During Daniels' 17-year tenure at Cortland, his teams won eight national titles, yet it did not look like a national program — 90 percent of its runners came from a 130-mile radius in central New York. I didn't know just how important Daniels was to the running community until I bought his book, Daniels' Running Formula, as a training guide for my first marathon five years ago.

While the science underlying his formula is difficult for dunces like me to grasp, you don't need to be an Einstein to apply it. First published in 1998, his book introduced runners to the world of VDOT. Through his research and testing, Daniels assigned aerobic profiles to runners of all stripes to determine their maximum aerobic potential.

For example, the formula allows a runner to extrapolate from her 5K race time how long it will take her to run a marathon. Based on her 5K performance, the runner is assigned a VDOT value that, when she trains for the marathon, can be used in conjunction with a training chart dictating what pace to run when running easy, tempo or intervals.

The formula is not reserved for any one kind of runner. It is egalitarian. Every runner can determine the best pace based on his or her ability. Nor is the training destructive on the body. It is better running through science.

Daniels' accomplishments transcend his book. Here is a partial account: Korean War veteran; 1956 silver and 1960 bronze team medalist in pentathlon (five sports consisting of running, swimming, fencing, pistol shooting and equestrian); TV commentator at the Montreal Olympics; a doctorate in exercise physiology; various coaching gigs; including Peru's National Coach; and working with a vast assortment of elite athletes like Jim Ryun and Joan Benoit Samuelson.

Daniels, who wrote his doctoral dissertation on the effects of high altitude on runners, left Cortland about 10 years ago to take a position at Northern Arizona University's High Altitude Training Center in Flagstaff. After the university closed the training center in 2009 due to a lack of funding, Daniels took a coaching job at Brevard College in North Carolina.

His predecessor at Wells, Julie (Donnelly) Bailey, ran for Daniels at Cortland and recommended him for the cross country position at Wells. His wife, Nancy, will be his assistant coach. They have bought a house that Daniels says is the oldest in Cortland, built in 1815; Cortland is 34 miles from Aurora.

Daniels' return to the Finger Lakes is a coming home of sorts. He and his wife raised their two daughters in Cortland. His time there cuts against the grain of an otherwise nomadic life. It seems he has been everywhere: born in Detroit, growing up in San Francisco, service in the U.S. Army, education degrees from Montana and Wisconsin, studying in Sweden, coaching in Oklahoma and Texas, working for Nike in New Hampshire and Oregon.

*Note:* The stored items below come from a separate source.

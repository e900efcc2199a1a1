-- ===== src/Deals/Enforced.antt =====
-- What a stage is made to require is what the deals need that enter it.
use mathlib.Core.List.{Memᴰ}
use pulse_crm.Prelude.Table.Members.{Distinct, any-mem}
use pulse_crm.Prelude.Table.Laws.{find?-test}
use pulse_crm.Prelude.{
  ℕ, ◌≡◌, refl, sym, ap, ◌∙◌, inl, inr, String, true, false, not, ◌&&◌, ◌||◌, some, is_blank,
  Option-cases, List, [], ◌∷◌, ◌++◌, All, map, delete, ◌==◌, ==_refl, str_eq, select, find?, any,
  arith, ok, http, require, >>=-eq-ok, raise_if-eq-ok, require-eq-ok,
}
use pulse_crm.Models.{Deal}
use pulse_crm.Access.{Context, ensure_deal_access}
use pulse_crm.Pipelines.{stage_not_found}
use pulse_crm.Deals.{
  CustomFieldDefinition, StageRequiredField, StageTransition, DealStore, active_definition,
  blank_value, custom_value, required_at, transition_deal_stage,
}
use pulse_crm.Deals.Required.{
  RequiredFieldInput, builtin_keys, definition_ids, id_of, repeats, is_supported, has_definition,
  own_stage, new_required, replace_required_fields,
}
use pulse_crm.Deals.Moved.{BuiltInFilled, IsFilled, transition_deal_stage-IsTransition}
use pulse_crm.Deals.Transition.{Filled-HasValue}

select-new_required :
    (P : StageRequiredField → Type 0) (c : Context) (stage_id : ℕ) (items : List RequiredFieldInput)
    (rest : List StageRequiredField)
    → All P
        (select (required_at c stage_id) (map (new_required c.workspace_id stage_id) items ++ rest))
    → All (λ x. P (new_required c.workspace_id stage_id x)) items
unfolding select required_at
select-new_required P c stage_id [] rest h = tt
select-new_required P c stage_id (x ∷ xs) rest h =
    let i = ==_refl stage_id in
    let w = ==_refl c.workspace_id in
    let (hx, hs) = rw (i, w) at h in (hx, select-new_required P c stage_id xs rest hs)

-- The same for equal rows, stage and workspace.
select-required :
    (P : StageRequiredField → Type 0) (c : Context) (target_id stage_id workspace_id : ℕ)
    (items : List RequiredFieldInput) (xs rest : List StageRequiredField)
    → target_id ≡ stage_id
    → xs ≡ map (new_required workspace_id stage_id) items ++ rest
    → workspace_id ≡ c.workspace_id
    → All P (select (required_at c target_id) xs)
    → All (λ x. P (new_required c.workspace_id stage_id x)) items
select-required P c target_id stage_id workspace_id items xs rest e kept same h =
    let kept' : xs ≡ map (new_required c.workspace_id stage_id) items ++ rest =
      kept ∙ ap (λ w. map (new_required w stage_id) items ++ rest) same in
    select-new_required P c stage_id items rest (rw (e, kept') at h)

replace_required_fields-rows :
    (c : Context) (stage_id : ℕ) (items : List RequiredFieldInput) (s s' : DealStore)
    (rows : List StageRequiredField)
    → replace_required_fields c stage_id items s ≡ ok (rows, s')
    → (rest : List StageRequiredField) × (s'.required_fields
        ≡ map (new_required c.workspace_id stage_id) items ++ rest)
      × (s'.definitions ≡ s.definitions)
      × (any (λ id. not (has_definition s c id)) (definition_ids items) ≡ false)
unfolding replace_required_fields own_stage
replace_required_fields-rows c stage_id items s s' rows h =
    let o = find? (own_stage c stage_id) s.stages in
    let (stage, found, h1) = >>=-eq-ok (require o stage_not_found) _ h in
    let t = find?-test (own_stage c stage_id) s.stages (require-eq-ok o stage_not_found found) in
    let own : stage.id ≡ stage_id = ground (arith, t) in
    let keys = builtin_keys items in
    let ids = definition_ids items in
    let (a, h2) =
      raise_if-eq-ok (any (λ key. not (is_supported key)) keys)
        (http 422 "unsupported built-in required field") _ h1 in
    let (b, h3) =
      raise_if-eq-ok (repeats str_eq keys || repeats (λ a b. a == b) ids)
        (http 422 "required fields must be unique") _ h2 in
    let (d, done) =
      raise_if-eq-ok (any (λ id. not (has_definition s c id)) ids)
        (http 422 "unknown or non-deal custom field") _ h3 in
    let result : map (new_required c.workspace_id stage.id) items
          ++ delete (required_at c stage.id) s.required_fields
        ≡ s'.required_fields =
      ground (arith, done) in
    (
      delete (required_at c stage_id) s.required_fields,
      rw (← result, own) refl,
      ground (arith, done),
      d,
    )

-- The definitions of the workspace are the same for both requests.
moved_known :
    (s s' : DealStore) (c c' : Context) (id : ℕ)
    → s'.definitions ≡ s.definitions
    → c'.workspace_id ≡ c.workspace_id
    → has_definition s c id ≡ true
    → has_definition s' c' id ≡ true
unfolding has_definition
moved_known s s' c c' id definitions same h = rw (definitions, same) h

All-both :
    {P Q R : RequiredFieldInput → Type 0}
    → ((x : RequiredFieldInput) → P x → Q x → R x)
    → (xs : List RequiredFieldInput) → All P xs
    → All Q xs
    → All R xs
All-both f [] hp hq = tt
All-both f (x ∷ xs) (p, hp) (q, hq) = (f x p q, All-both f xs hp hq)

-- The custom fields that the checks let pass are there.
definitions_known :
    (s : DealStore) (c : Context) (items : List RequiredFieldInput)
    → any (λ id. not (has_definition s c id)) (definition_ids items) ≡ false
    → All (λ x. (id : ℕ) → x.field_definition_id ≡ some id → has_definition s c id ≡ true) items
unfolding definition_ids id_of any
definitions_known s c [] h = tt
definitions_known s c (x ∷ xs) h = elim (Option-cases x.field_definition_id) [
  | inl e ↦ (λ id same. cc (e, same), definitions_known s c xs (rw e at h))
  | inr (i, e) ↦
      let h' = rw e at h in
      (
        λ id same.
            let one : i ≡ id = ground (arith, e, same) in
            let here : has_definition s c i ≡ true = ground (arith, h') in rw one at here,
        definitions_known s c xs (ground (arith, h')),
      )
]

-- A field that the input names has a value: the built-in column, or, where it names none, the custom
-- field, whose definition is there.
abbrev pub IsEnforced : DealStore → Context → Deal → RequiredFieldInput → Type 0
IsEnforced s c deal item =
    ((key : String)
      → item.built_in_key ≡ some key
      → is_blank key ≡ false
      → BuiltInFilled s c deal key)
    × ((id : ℕ)
        → item.field_definition_id ≡ some id
        → ((key : String) → item.built_in_key ≡ some key → is_blank key ≡ true)
        → (d : CustomFieldDefinition) × Memᴰ d s.definitions
          × (d.id ≡ id)
          × (d.workspace_id ≡ c.workspace_id)
          × (d.is_active ≡ true)
          × (d.of_deals ≡ true)
          × (blank_value (custom_value d.key deal.custom_fields) ≡ false))

item-IsEnforced :
    (s : DealStore) (c : Context) (deal : Deal) (stage_id : ℕ) (item : RequiredFieldInput)
    → Distinct CustomFieldDefinition.id s.definitions
    → ((id : ℕ) → item.field_definition_id ≡ some id → has_definition s c id ≡ true)
    → IsFilled s c deal (new_required c.workspace_id stage_id item)
    → IsEnforced s c deal item
unfolding has_definition active_definition
item-IsEnforced s c deal stage_id item unique known h =
    let q = new_required c.workspace_id stage_id item in
    let value = Filled-HasValue s c deal q item.built_in_key refl unique h in
    (
      λ key named full. elim value [
        | inl (k, e, b, filled) ↦ let one : k ≡ key = ground (arith, e, named) in rw one at filled
        | inr (inl e, custom) ↦ cc (e, named)
        | inr (inr (k, e, b), custom) ↦
            let one : k ≡ key = ground (arith, e, named) in cc (rw one at b, full)
      ],
      λ id asked unnamed.
          let (d, m, t) =
            any-mem (λ d. active_definition c.workspace_id id d && d.of_deals) s.definitions
              (known id asked) in
          let one : d.id ≡ id = ground (arith, t) in
          elim value [
            | inl (k, e, b, filled) ↦ let blank = unnamed k e in absurd (ground (arith, blank, b))
            | inr (why, custom) ↦ (
              d,
              m,
              one,
              ground (arith, t),
              ground (arith, t),
              ground (arith, t),
              custom d m (ground (arith, asked, one)) (ground (arith, t)) (ground (arith, t)),
            )
          ],
    )

-- After the required fields of a stage are replaced, every transition to that stage that succeeds in
-- the workspace is of a deal that has a value for each of the new fields: for the built-in column that
-- it names, or else for the custom field, which is an active one of deals in the workspace. The
-- identifiers of the definitions are distinct.
pub replace_required_fields-IsEnforced :
    (c c' : Context) (stage_id : ℕ) (items : List RequiredFieldInput) (s s' s'' : DealStore)
    (rows : List StageRequiredField) (now deal_id : ℕ) (payload : StageTransition)
    (meanwhile : List Deal) (r : Deal)
    → Distinct CustomFieldDefinition.id s.definitions
    → replace_required_fields c stage_id items s ≡ ok (rows, s')
    → c'.workspace_id ≡ c.workspace_id
    → payload.target_stage_id ≡ stage_id
    → transition_deal_stage now c' deal_id payload meanwhile s' ≡ ok (r, s'')
    → (deal : Deal) × (ensure_deal_access s'.directory c' deal_id ≡ ok deal)
      × All (IsEnforced s' c' deal) items
replace_required_fields-IsEnforced c c' stage_id items s s' s'' rows now deal_id payload meanwhile r
      unique replaced same to h =
    let (deal, target, seen, fresh, a, b, p, filled, result) =
      transition_deal_stage-IsTransition now c' deal_id payload meanwhile s' s'' r h in
    let (rest, kept, definitions, known) =
      replace_required_fields-rows c stage_id items s s' rows replaced in
    let here =
      select-required (IsFilled s' c' deal) c' target.id stage_id c.workspace_id items
        s'.required_fields rest (a ∙ to) kept (sym same) filled in
    (
      deal,
      seen,
      All-both
          (λ item k f.
            item-IsEnforced s' c' deal stage_id item (rw definitions unique)
              (λ id e. moved_known s s' c c' id definitions same (k id e)) f)
          items (definitions_known s c items known) here,
    )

Daniels' biggest challenge at Wells will be to find enough boys to field a decent program. The pool is small. The school, which has about 500 undergraduates, became coed in 2005. Its gender breakdown is one male for every two females.

Whoever runs for Daniels will leave Wells a better, smarter runner. Apropos of my brother's experience, Daniels says that he gets as much enjoyment watching a young runner improve one's performance than seeing one of his runners make it to the Olympics.

In addition to his coaching, consulting and guest appearances in academic and running circles, Daniels is an associate professor at Arizona School of Health Science's Human Movement Program: He teaches online.

Earlier this year, Daniels retested 23 of the 26 elite athletes he tested 45 years ago for his dissertation. He intends to publish his findings in a scientific journal. And, he is working on the third edition of his book.

In case you're wondering, Daniels is 80. He figures it will be 10 to 15 years before he retires.